┌──
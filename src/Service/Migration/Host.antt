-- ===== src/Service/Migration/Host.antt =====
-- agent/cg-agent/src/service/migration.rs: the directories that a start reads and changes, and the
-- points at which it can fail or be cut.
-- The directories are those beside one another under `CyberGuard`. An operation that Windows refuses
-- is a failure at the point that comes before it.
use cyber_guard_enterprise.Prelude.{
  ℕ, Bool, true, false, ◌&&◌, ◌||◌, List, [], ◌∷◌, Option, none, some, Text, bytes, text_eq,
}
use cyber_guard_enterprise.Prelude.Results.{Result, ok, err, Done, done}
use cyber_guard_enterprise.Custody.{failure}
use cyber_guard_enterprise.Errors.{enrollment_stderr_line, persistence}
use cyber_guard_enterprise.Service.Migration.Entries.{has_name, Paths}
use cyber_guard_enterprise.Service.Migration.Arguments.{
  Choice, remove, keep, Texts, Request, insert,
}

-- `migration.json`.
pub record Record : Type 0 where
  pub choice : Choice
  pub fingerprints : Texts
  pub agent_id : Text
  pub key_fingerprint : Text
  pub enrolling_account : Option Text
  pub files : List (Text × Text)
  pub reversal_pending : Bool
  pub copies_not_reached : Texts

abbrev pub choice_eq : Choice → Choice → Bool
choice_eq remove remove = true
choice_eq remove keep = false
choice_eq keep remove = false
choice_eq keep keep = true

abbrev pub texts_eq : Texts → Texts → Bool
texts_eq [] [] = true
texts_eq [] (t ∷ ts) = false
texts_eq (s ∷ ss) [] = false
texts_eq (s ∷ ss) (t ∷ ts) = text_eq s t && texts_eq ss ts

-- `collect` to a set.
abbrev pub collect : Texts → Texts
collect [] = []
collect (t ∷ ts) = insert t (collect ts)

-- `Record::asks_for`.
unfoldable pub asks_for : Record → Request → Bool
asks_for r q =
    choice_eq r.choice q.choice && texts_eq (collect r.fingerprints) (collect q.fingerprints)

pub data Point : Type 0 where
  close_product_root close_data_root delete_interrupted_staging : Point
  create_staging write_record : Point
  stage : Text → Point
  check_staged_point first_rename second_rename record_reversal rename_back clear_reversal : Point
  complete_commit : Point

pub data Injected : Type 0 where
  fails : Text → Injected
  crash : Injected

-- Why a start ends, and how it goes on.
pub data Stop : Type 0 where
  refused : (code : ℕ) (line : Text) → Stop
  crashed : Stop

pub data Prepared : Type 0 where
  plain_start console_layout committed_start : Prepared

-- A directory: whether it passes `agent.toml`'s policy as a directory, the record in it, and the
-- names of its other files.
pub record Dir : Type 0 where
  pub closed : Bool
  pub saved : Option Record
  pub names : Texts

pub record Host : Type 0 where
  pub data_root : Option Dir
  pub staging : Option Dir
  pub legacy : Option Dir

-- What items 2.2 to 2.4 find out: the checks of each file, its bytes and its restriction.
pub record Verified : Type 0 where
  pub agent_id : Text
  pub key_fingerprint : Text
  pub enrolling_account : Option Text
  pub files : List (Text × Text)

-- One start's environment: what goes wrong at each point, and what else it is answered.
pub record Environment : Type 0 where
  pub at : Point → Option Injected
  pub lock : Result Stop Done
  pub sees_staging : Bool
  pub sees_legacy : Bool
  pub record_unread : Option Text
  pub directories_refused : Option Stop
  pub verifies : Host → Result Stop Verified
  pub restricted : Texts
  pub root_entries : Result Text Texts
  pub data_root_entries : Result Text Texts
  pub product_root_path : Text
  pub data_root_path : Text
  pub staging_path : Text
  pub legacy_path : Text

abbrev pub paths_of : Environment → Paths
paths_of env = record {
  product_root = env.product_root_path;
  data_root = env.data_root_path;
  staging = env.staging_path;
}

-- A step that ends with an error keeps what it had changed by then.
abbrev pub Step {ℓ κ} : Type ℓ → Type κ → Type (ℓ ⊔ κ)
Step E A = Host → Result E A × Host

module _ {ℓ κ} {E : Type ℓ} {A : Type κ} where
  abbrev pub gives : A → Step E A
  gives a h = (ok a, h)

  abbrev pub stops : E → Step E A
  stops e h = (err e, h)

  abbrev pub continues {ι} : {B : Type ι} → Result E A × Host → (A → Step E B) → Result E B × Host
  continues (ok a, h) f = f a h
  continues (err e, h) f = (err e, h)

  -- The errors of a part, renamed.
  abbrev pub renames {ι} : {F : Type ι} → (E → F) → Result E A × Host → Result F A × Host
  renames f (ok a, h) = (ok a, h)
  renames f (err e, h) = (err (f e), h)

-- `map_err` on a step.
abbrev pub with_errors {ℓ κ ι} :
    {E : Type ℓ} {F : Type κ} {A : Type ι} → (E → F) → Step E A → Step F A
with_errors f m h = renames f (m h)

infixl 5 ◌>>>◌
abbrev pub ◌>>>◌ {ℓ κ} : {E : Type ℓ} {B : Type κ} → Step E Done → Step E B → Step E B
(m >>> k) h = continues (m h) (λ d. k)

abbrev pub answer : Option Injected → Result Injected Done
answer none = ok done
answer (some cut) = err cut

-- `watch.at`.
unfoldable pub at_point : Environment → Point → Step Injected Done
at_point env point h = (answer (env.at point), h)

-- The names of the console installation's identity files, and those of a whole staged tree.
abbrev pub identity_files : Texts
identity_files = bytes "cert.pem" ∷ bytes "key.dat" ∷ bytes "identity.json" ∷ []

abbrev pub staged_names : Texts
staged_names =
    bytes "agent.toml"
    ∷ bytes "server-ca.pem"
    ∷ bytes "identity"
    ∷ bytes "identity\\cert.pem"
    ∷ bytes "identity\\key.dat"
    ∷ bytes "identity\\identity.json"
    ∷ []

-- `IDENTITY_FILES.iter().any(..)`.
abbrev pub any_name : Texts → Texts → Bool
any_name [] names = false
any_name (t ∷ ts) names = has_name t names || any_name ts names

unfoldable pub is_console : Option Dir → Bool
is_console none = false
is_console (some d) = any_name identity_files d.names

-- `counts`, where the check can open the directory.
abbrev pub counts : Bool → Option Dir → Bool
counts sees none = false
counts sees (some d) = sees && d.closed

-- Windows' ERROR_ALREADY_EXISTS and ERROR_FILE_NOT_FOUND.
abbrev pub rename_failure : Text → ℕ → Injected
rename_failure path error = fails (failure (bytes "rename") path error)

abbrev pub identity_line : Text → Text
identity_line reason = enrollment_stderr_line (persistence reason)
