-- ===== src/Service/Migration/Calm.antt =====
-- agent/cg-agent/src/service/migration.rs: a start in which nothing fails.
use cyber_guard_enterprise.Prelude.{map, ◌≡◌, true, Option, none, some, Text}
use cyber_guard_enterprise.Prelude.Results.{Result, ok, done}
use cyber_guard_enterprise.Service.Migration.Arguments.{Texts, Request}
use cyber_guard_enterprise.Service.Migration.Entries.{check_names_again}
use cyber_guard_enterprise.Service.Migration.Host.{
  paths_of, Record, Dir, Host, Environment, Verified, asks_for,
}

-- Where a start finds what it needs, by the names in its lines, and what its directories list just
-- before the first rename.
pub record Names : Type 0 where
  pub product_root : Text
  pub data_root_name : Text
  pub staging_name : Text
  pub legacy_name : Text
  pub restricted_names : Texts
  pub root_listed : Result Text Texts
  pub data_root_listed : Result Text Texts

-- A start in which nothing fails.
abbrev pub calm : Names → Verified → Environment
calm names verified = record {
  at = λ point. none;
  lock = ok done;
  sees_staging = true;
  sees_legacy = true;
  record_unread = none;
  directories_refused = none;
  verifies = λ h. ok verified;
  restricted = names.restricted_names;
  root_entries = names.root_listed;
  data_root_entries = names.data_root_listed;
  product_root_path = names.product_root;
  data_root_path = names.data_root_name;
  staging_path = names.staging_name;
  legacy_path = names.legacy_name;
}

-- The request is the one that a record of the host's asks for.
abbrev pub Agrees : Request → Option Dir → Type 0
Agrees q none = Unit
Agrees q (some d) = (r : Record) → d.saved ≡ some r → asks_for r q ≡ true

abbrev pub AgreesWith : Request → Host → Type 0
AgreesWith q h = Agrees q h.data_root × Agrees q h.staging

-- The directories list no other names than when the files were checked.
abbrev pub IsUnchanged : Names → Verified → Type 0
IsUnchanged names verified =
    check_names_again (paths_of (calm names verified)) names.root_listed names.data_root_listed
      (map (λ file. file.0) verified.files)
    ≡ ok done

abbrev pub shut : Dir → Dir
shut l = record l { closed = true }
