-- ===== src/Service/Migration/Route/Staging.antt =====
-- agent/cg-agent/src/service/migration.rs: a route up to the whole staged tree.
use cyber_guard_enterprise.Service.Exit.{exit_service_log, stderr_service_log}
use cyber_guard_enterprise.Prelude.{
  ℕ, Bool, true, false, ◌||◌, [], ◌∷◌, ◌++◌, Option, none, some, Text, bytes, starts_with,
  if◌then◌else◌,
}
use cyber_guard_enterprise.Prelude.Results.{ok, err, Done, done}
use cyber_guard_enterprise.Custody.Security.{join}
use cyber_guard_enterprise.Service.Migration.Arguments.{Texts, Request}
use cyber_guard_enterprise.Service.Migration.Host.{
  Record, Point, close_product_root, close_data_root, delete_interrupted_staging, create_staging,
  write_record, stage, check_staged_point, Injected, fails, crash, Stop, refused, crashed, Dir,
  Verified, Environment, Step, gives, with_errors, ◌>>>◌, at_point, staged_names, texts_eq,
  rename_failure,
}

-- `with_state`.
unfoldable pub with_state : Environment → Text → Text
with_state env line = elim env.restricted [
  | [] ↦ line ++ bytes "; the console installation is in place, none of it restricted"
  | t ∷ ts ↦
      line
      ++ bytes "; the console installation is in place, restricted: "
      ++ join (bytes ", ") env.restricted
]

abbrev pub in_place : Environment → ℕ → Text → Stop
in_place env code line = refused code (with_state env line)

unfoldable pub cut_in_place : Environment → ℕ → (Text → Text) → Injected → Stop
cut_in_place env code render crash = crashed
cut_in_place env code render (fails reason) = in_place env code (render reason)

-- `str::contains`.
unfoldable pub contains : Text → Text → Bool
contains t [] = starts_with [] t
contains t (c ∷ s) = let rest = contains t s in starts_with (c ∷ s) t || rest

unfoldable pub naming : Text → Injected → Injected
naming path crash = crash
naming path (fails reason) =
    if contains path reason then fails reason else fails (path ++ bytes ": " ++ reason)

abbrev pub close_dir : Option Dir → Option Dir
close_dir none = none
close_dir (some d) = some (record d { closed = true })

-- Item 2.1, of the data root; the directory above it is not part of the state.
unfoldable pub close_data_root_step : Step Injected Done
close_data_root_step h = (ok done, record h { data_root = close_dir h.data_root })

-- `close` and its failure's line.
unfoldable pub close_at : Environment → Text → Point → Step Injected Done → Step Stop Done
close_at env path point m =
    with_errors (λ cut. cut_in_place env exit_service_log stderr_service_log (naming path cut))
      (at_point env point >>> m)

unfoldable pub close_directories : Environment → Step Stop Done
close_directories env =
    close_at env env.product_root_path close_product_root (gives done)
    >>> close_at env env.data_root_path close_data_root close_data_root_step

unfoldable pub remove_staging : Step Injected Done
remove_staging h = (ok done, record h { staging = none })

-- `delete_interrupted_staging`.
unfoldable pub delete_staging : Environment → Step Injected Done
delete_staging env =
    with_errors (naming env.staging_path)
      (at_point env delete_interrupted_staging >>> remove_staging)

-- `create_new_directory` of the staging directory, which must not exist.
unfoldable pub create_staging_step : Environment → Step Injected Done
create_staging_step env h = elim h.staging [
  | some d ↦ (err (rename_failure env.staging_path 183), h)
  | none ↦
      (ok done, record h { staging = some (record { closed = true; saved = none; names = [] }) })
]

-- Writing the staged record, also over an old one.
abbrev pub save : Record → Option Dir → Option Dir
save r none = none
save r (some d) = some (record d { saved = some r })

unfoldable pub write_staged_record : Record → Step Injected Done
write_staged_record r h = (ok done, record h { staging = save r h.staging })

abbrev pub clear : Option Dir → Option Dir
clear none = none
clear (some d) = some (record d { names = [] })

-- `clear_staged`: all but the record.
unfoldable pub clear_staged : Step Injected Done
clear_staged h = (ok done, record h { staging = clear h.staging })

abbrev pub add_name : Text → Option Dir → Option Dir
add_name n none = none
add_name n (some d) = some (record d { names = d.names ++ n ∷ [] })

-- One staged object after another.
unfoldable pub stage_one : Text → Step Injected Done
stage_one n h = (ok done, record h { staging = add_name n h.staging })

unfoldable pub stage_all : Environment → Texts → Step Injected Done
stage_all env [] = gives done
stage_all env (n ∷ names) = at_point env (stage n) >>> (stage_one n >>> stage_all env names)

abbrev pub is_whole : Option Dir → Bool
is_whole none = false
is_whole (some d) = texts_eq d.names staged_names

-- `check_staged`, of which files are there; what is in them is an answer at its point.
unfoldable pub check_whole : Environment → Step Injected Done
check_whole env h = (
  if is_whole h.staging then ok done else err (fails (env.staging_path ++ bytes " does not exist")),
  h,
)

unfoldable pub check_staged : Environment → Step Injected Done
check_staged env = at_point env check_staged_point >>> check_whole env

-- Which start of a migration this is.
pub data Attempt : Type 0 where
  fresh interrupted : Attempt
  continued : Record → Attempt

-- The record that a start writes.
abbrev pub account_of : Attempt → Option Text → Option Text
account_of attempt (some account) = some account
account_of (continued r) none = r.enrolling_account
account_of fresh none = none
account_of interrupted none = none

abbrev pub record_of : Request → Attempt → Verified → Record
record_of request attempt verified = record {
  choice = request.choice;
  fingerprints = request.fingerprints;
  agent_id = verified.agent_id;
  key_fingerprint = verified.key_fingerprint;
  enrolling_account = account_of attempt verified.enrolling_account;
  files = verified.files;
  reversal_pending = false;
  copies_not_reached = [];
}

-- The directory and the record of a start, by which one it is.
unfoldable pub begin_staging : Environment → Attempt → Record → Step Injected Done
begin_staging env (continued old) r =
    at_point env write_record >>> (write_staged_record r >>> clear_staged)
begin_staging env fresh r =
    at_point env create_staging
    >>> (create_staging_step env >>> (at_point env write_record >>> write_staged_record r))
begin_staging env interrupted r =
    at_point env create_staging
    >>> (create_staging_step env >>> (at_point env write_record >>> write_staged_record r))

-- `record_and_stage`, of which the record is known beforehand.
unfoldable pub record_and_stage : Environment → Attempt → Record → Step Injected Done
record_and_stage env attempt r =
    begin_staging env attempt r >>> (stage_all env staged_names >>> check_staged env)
└──
Your instructions> In the material above, find the line containing "-- One start's" and the line containing "pub directories_refused : Option Stop", then write out exactly those two lines and every line between them, and nothing more.

Worked solution>
-- One start's environment: what goes wrong at each point, and what else it is answered.
pub record Environment : Type 0 where
  pub at : Point → Option Injected
  pub lock : Result Stop Done
  pub sees_staging : Bool
  pub sees_legacy : Bool
  pub record_unread : Option Text
  pub directories_refused : Option Stop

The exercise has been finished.